Hi there Andrew, I'm new around here and a new wood worker. I'm not the guy to be answering your questions but if you provide pictures there are some amazing wood workers with a ton of experience that could take a look and offer ideas/suggestions. We like pictures. Maybe show how you want thing mounted? Hope this helps


----------



## Danpaddles (Jan 26, 2012)

Something like this maybe?

http://www.cggschmidt.com/assets/pdf/S&HJigBrochure.pdf

or make this:

http://books.google.com/books?id=gj0qctOL6mYC&pg=PA168&lpg=PA168&dq=drawer+handle+fixture&source=bl&ots=WwnVLifHr5&sig=Dy308RBHyKu4gRbYjaWeS4gH-J4&hl=en&sa=X&ei=_FqbUbyQC46tygGPooG4DA&ved=0CJoBEOgBMAo#v=onepage&q=drawer%20handle%20fixture&f=false


----------



## reedwood (Jan 27, 2011)

I don't trust jigs for door pulls, if that's what you're referring to. Too much slop in the hole and no last chance to double check before drilling. It only takes one little hole in the wrong place to blow the hardware install and will cost lots of time and money.

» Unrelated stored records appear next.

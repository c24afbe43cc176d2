-- ===== src/File/Apply/Honest.antt =====
-- The task `file` reports a change whenever it has changed the machine.
use sophons.Base.{
  ℕ, sym, ap, ◌∙◌, ◌≡◌, refl, inl, inr, Option, some, none, Bool, true, false, String,
}
use sophons.Base.Int.{ℤ}
use sophons.Base.Action.{
  Error, message, continue, ◌>>=◌, Outcome, panic, err, ok, bind-Keeps, After, Leads, bind-Leads,
  ◌>>◌,
}
use sophons.Os.{Os, WalkEntry}
use sophons.Util.{get_uid, get_gid}
use sophons.Util.Mode.{ModeArg}
use sophons.Result.{State, mark_changed, call, query, failing, fail, checked}
use sophons.Result.Honest.{
  IsHonest, Notes, Noted, Notes-IsHonest, set_extra-Notes, set_extra-IsHonest, flag_first,
  each-IsHonest, checked-IsHonest, raise-IsHonest, if-IsHonest, fail-IsHonest, pure-IsHonest,
  mark_changed-Notes, honest_rules,
}
use sophons.File.{File, FileResult, mode_value}
use sophons.File.Apply.{
  Task, actual_state, exists, set_dest, make_directory, update_directory, later_steps, set_changed,
  finish_steps, mark_and_update, update_and_mark, visit, visit_with, walk, apply_absent,
  apply_directory, apply_file, link_to_src, apply_link, create_missing, apply_touch, finish,
  dispatch, apply_body, apply,
}

abbrev flag : FileResult → Bool
flag r = r.changed

module _ (os : Os) (start : os.World) where
  set_changed-Notes : Notes flag start (set_changed os true)
  set_changed-Notes = set_extra-Notes flag start _ (λ r. refl)

  ruleset file_rules = (honest_rules, set_changed-Notes, set_extra-IsHonest)

  mark_and_update-IsHonest :
      (path : String) (mode : ModeArg) (uid gid : ℤ)
      → IsHonest flag start (mark_and_update os path mode uid gid)
  unfolding mark_and_update
  mark_and_update-IsHonest path mode uid gid =
      bind-Keeps _ _ (search file_rules) λ b. search (file_rules, flag_first)

  update_and_mark-IsHonest :
      (path : String) (mode : ModeArg) (uid gid : ℤ)
      → IsHonest flag start (update_and_mark os path mode uid gid)
  unfolding update_and_mark
  update_and_mark-IsHonest path mode uid gid = search (file_rules, Notes-IsHonest)

  visit-IsHonest :
      (mode : ModeArg) (uid gid : ℤ) (entry : WalkEntry)
      → IsHonest flag start (visit os mode uid gid entry)
  unfolding visit
  visit-IsHonest mode uid gid entry = visit_entry entry.error
    where
      visit_entry : (e : Option Error) → IsHonest flag start (visit_with os mode uid gid entry e)
      visit_entry (some e) = raise-IsHonest flag start e
      visit_entry none = search (file_rules, flag_first) depth 6

  walk-IsHonest :
      (path : String) (fn : WalkEntry → Task os (Unit {0}))
      → ((e : WalkEntry) → IsHonest flag start (fn e))
      → IsHonest flag start (walk os path fn)
  unfolding walk
  walk-IsHonest path fn k = record {
    at = λ s h. (each-IsHonest flag start fn (os.walk_dir path s.world) k).at s h;
  }

  -- Once the variable `changed` no longer counts.
  abbrev unflagged : FileResult → Bool
  unflagged r = false

  abbrev Final : State os.World FileResult → Type 0
  Final = Noted unflagged start

  start_noted : (s : State os.World FileResult) → Final s → Noted flag start s
  start_noted s (inl e) = inl e
  start_noted s (inr (inl e)) = inr (inl e)
  start_noted s (inr (inr e)) = cc

  end_noted :
      (s : State os.World FileResult) → s.extra.changed ≡ false → Noted flag start s → Final s
  end_noted s off (inl e) = inl e
  end_noted s off (inr (inl e)) = inr (inl e)
  end_noted s off (inr (inr e)) = cc

  abbrev AtStart : State os.World FileResult → Type 0
  AtStart s = s.world ≡ start

  resume :
      {A B : Type 0} (r : Outcome A) (k : A → Task os B) (s : State os.World FileResult)
      → AtStart s
      → ((a : A) → r ≡ ok a → Leads AtStart Final (k a))
      → After Final
          (λ _. Unit)
          (continue (failing r s).0 k (failing r s).1).0
          (continue (failing r s).0 k (failing r s).1).1
  resume (ok a) k s e h = (h a refl).at s e
  resume (err x) k s e h = tt
  resume panic k s e h = tt

  query_first :
      {A B : Type 0} (g : os.World → Outcome A) (k : A → Task os B)
      → ((a : A) → g start ≡ ok a → Leads AtStart Final (k a))
      → Leads AtStart Final (checked (query g) >>= k)
  unfolding ◌>>=◌ checked
  query_first g k h = record {
    at = λ s e. resume (g s.world) k s e (λ a p. h a (sym (ap g e) ∙ p));
  }

  conclude :
      (r : Outcome (Unit {0})) (s : State os.World FileResult)
      → After Final (λ _. Unit) r s
      → r ≡ ok tt
      → s.common.changed ≡ false
      → s.world ≡ start
  conclude (ok u) s (inl e) done off = e
  conclude (ok u) s (inr (inl e)) done off = cc
  conclude (ok u) s (inr (inr e)) done off = cc
  conclude (err x) s h done off = cc
  conclude panic s h done off = cc

  module _ (f : File) where
    later_steps-IsHonest : IsHonest unflagged start (later_steps os f)
    unfolding later_steps
    later_steps-IsHonest = search file_rules depth 12

    finish_noted :
        (b : Bool) (s : State os.World FileResult)
        → s.extra.changed ≡ b
        → Noted flag start s
        → After Final (λ _. Unit) (finish_steps os f b s).0 (finish_steps os f b s).1
    unfolding finish_steps
    finish_noted true s e h =
        (bind-Leads {P = Noted flag start} {Q = Final} {R = Final} mark_changed
            (λ _. later_steps os f)
            (record { at = λ s' _. (mark_changed-Notes unflagged start).at s' })
            (λ _. record { at = later_steps-IsHonest.at })).at
          s h
    finish_noted false s e h =
        (bind-Keeps _ _ (pure-IsHonest unflagged start tt) (λ _. later_steps-IsHonest)).at s
          (end_noted s e h)

    finish-Leads : Leads (Noted flag start) Final (finish os f)
    unfolding finish
    finish-Leads = record { at = λ s h. finish_noted s.extra.changed s refl h }

    -- A part that notes its changes in the variable, and what follows the switch.
    close :
        (m : Task os (Unit {0}))
        → IsHonest flag start m
        → IsHonest unflagged start (m >> finish os f)
    close m k = record {
      at = λ s h.
          (bind-Leads {P = Final} {Q = Noted flag start} {R = Final} m (λ _. finish os f)
              (record { at = λ s' h'. k.at s' (start_noted s' h') }) (λ _. finish-Leads)).at
            s h;
    }

    apply_absent-IsHonest : (found : Bool) → IsHonest unflagged start (apply_absent os f found)
    unfolding apply_absent
    apply_absent-IsHonest found = search (file_rules, Notes-IsHonest) depth 7

    update_and_finish-IsHonest :
        (uid gid : ℤ)
        → IsHonest unflagged start (mark_and_update os f.path (mode_value f) uid gid >> finish os f)
    update_and_finish-IsHonest uid gid =
        close _ (mark_and_update-IsHonest f.path (mode_value f) uid gid)

    apply_file-IsHonest :
        (found : Bool) (uid gid : ℤ) → IsHonest unflagged start (apply_file os f found uid gid)
    unfolding apply_file
    apply_file-IsHonest found uid gid = search (file_rules, update_and_finish-IsHonest) depth 7

    link_to_src-IsHonest : (found : Bool) → IsHonest flag start (link_to_src os f found)
    unfolding link_to_src
    link_to_src-IsHonest found = search (file_rules, Notes-IsHonest) depth 9

    apply_link-IsHonest :
        (found : Bool) (uid gid : ℤ) → IsHonest flag start (apply_link os f found uid gid)
    unfolding apply_link
    apply_link-IsHonest found uid gid =
        search (file_rules, link_to_src-IsHonest, update_and_mark-IsHonest) depth 7

    create_missing-IsHonest : (found : Bool) → IsHonest flag start (create_missing os f found)
    unfolding create_missing
    create_missing-IsHonest found = search (file_rules, Notes-IsHonest) depth 7

    apply_touch-IsHonest :
        (found : Bool) (uid gid : ℤ) → IsHonest flag start (apply_touch os f found uid gid)
    unfolding apply_touch
    apply_touch-IsHonest found uid gid =
        search (file_rules, create_missing-IsHonest, update_and_mark-IsHonest) depth 7

    update_directory-IsHonest : (uid gid : ℤ) → IsHonest flag start (update_directory os f uid gid)
    unfolding update_directory
    update_directory-IsHonest uid gid =
        search (file_rules, walk-IsHonest, visit-IsHonest, mark_and_update-IsHonest) depth 7

    -- MkdirAll does nothing where there is a directory already.
    module _
        (mkdir_all_existing : (path : String) (mode : ℕ) (w : os.World)
          → exists os path w ≡ ok true
          → (os.mkdir_all path mode w).0 ≡ ok tt
          → (os.mkdir_all path mode w).1 ≡ w) where
      mkdir_done :
          exists os f.path start ≡ ok true
          → (s : State os.World FileResult) → Final s
          → (r : Outcome (Unit {0})) (w : os.World) → os.mkdir_all f.path 0o755 s.world ≡ (r, w)
          → After Final (λ _. Unit) r (record s { world = w })
      mkdir_done found s (inl e) (ok u) w m = inl (
          sym (ap (λ p. p.1) m)
          ∙ ap (λ v. (os.mkdir_all f.path 0o755 v).1) e
          ∙ mkdir_all_existing f.path 0o755 start found
              (sym (ap (λ v. (os.mkdir_all f.path 0o755 v).0) e) ∙ ap (λ p. p.0) m))
      mkdir_done found s (inr h) (ok u) w m = inr h
      mkdir_done found s h (err e) w m = tt
      mkdir_done found s h panic w m = tt

      mkdir-IsHonest :
          exists os f.path start ≡ ok true
          → IsHonest unflagged start (call (os.mkdir_all f.path 0o755))
      unfolding call
      mkdir-IsHonest found = record { at = λ s h. mkdir_done found s h _ _ refl }

      made_already :
          exists os f.path start ≡ ok true → IsHonest unflagged start (make_directory os f true)
      unfolding make_directory
      made_already found = bind-Keeps _ _ (set_extra-IsHonest unflagged start _ (λ r h. h)) λ _.
          bind-Keeps _ _ (checked-IsHonest unflagged start _ (mkdir-IsHonest found))
            λ _. set_extra-IsHonest unflagged start _ (λ r h. h)

      made_new : IsHonest flag start (make_directory os f false)
      unfolding make_directory
      made_new = search (file_rules, Notes-IsHonest) depth 7

      leave :
          (r : Outcome (Unit {0})) (s : State os.World FileResult)
          → After Final (λ _. Unit) r s
          → After (Noted flag start) (λ _. Unit) r s
      leave (ok u) s h = start_noted s h
      leave (err e) s h = tt
      leave panic s h = tt

      make_directory-Leads :
          (found : Bool)
          → exists os f.path start ≡ ok found
          → Leads Final (Noted flag start) (make_directory os f found)
      make_directory-Leads true e = record { at = λ s h. leave _ _ ((made_already e).at s h) }
      make_directory-Leads false e = record { at = λ s h. made_new.at s (start_noted s h) }

      apply_directory-IsHonest :
          (found : Bool) (uid gid : ℤ)
          → exists os f.path start ≡ ok found
          → IsHonest unflagged start (apply_directory os f found uid gid)
      unfolding apply_directory
      apply_directory-IsHonest found uid gid e = record {
        at = λ s h.
            (bind-Leads {P = Final} {Q = Noted flag start} {R = Final} (make_directory os f found) _
                (make_directory-Leads found e)
                (λ _.
                  bind-Leads {Q = Noted flag start} (update_directory os f uid gid)
                    (λ _. finish os f) (record { at = (update_directory-IsHonest uid gid).at })
                    (λ _. finish-Leads))).at
              s h;
      }

      link_and_finish :
          (found : Bool) (uid gid : ℤ)
          → IsHonest unflagged start (apply_link os f found uid gid >> finish os f)
      link_and_finish found uid gid = close _ (apply_link-IsHonest found uid gid)

      touch_and_finish :
          (found : Bool) (uid gid : ℤ)
          → IsHonest unflagged start (apply_touch os f found uid gid >> finish os f)
      touch_and_finish found uid gid = close _ (apply_touch-IsHonest found uid gid)

      hard_state :
          IsHonest unflagged start
            (set_dest os f.path >> fail {A = Unit {0}} (message "not implemented"))
      hard_state = search file_rules

      dispatch-IsHonest :
          (state : String) (found : Bool) (uid gid : ℤ)
          → exists os f.path start ≡ ok found
          → IsHonest unflagged start (dispatch os f state found uid gid)
      unfolding dispatch
      dispatch-IsHonest state found uid gid e =
          if-IsHonest unflagged start _ _ _ (apply_absent-IsHonest found) (
            if-IsHonest unflagged start _ _ _ (apply_directory-IsHonest found uid gid e) (
              if-IsHonest unflagged start _ _ _ (apply_file-IsHonest found uid gid) (
                if-IsHonest unflagged start _ _ _ (hard_state) (
                  if-IsHonest unflagged start _ _ _ (link_and_finish found uid gid) (
                    if-IsHonest unflagged start _ _ _ (touch_and_finish found uid gid)
                      (fail-IsHonest unflagged start (message "unsupported state parameter")))))))

      apply_body-Leads : Leads AtStart Final (apply_body os f)
      unfolding apply_body
      apply_body-Leads = query_first (exists os f.path) _ λ found e.
          query_first (get_uid os f.owner) _ λ uid _. query_first (get_gid os f.group) _ λ gid _.
            record {
              at =
                  λ s h. (dispatch-IsHonest (actual_state os f found) found uid gid e).at s (inl h);
            }

-- The task `file` is honest about changes: where it returns without an error and its result does not
-- say `changed`, the machine is as it was. MkdirAll is taken to do nothing where it succeeds on a
-- path that exists.
pub apply_honest :
    (os : Os) (f : File) (w : os.World)
    → ((path : String) (mode : ℕ) (v : os.World)
        → exists os path v ≡ ok true
        → (os.mkdir_all path mode v).0 ≡ ok tt
        → (os.mkdir_all path mode v).1 ≡ v)
    → (apply os f w).0 ≡ ok tt
    → (apply os f w).1.common.changed ≡ false
    → (apply os f w).1.world ≡ w
unfolding apply
apply_honest os f w existing done unchanged =
    conclude os w _ _ ((apply_body-Leads os w f existing).at _ refl) done unchanged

I use two 6" combination squares, one for the vertical (centered?) mark and one for the side measurement.

I put a little piece of blue tape on the drawer fronts first to mark on. Layout all the handle locations and get the clients approval, if possible before you drill. Use a block of wood to back up the drill hole.

It's just as fast as making multiple jigs for different drawer sizes and hoping you picked the right guide hole.

If ever the rule: "measure twice, drill once" applies, it's on this last step. I haven't drilled a door wrong in 20 yrs.


----------



## Gene01 (Jan 5, 2009)

Danpaddle's link to that commercial jig looks like the solution. A large shop, fitting numerous sized drawers, would recoup the cost fairly quickly. 
In my experience, with limited numbers of drawers at one time, I find reedwood's method the most efficient…..and cost effective.


----------



## ttewelca (Nov 14, 2012)

That jig is basically what i mean yes, thanks.

It's only a small shop with about 3 of us working there, we just finish the stuff off before we deliver it. It's more for my own curiosity than anything. I'll try and remember to take a picture of the thing we're using currently.

we don't have to drill them which is fortunate, the wood is so soft you can just screw straight into it but holds very well.

thanks for the replies


----------



## Loren (May 30, 2008)

Here's one:

http://woodworker.com/drawer-pull-drill-jig-mssu-892-834.asp


----------



## madts (Dec 30, 2011)

Are you guys using CNC machines? If so get the designers to have the machine drill the holes.


----------



## nzmerlin (Apr 9, 2013)

Don't know if I can post this here but this came from Woodsmith Tips and techniques

https://www.filesanywhere.com/fs/v.aspx?v=8b6a648a5d6575779ea0

*Merlin*


----------



## ttewelca (Nov 14, 2012)

haha nothing quite so fancy madts. it's canadian pine, rustic furniture, very low tech approach. we're only a 3 man company and we source the furniture from two other workshops we use. we just, or more I, fit the handles and cupboard hang the doors in the shop.

thanks for the two ideas loren and nzmerlin, they're both what I meant


----------



## BillWhite (Jul 23, 2007)

My only issue with commercial jigs is that they don't often allow function on doors and drawers with any raised molding.
I often make a special (read that thin ply and an edge guide) jig that will accomodate the reveal for the molding.
Your thoughts??
Bill


----------



## ttewelca (Nov 14, 2012)

fortunately the drawers we use don't have any moulding on them so it's not an issue, although i do see the dilemma.


----------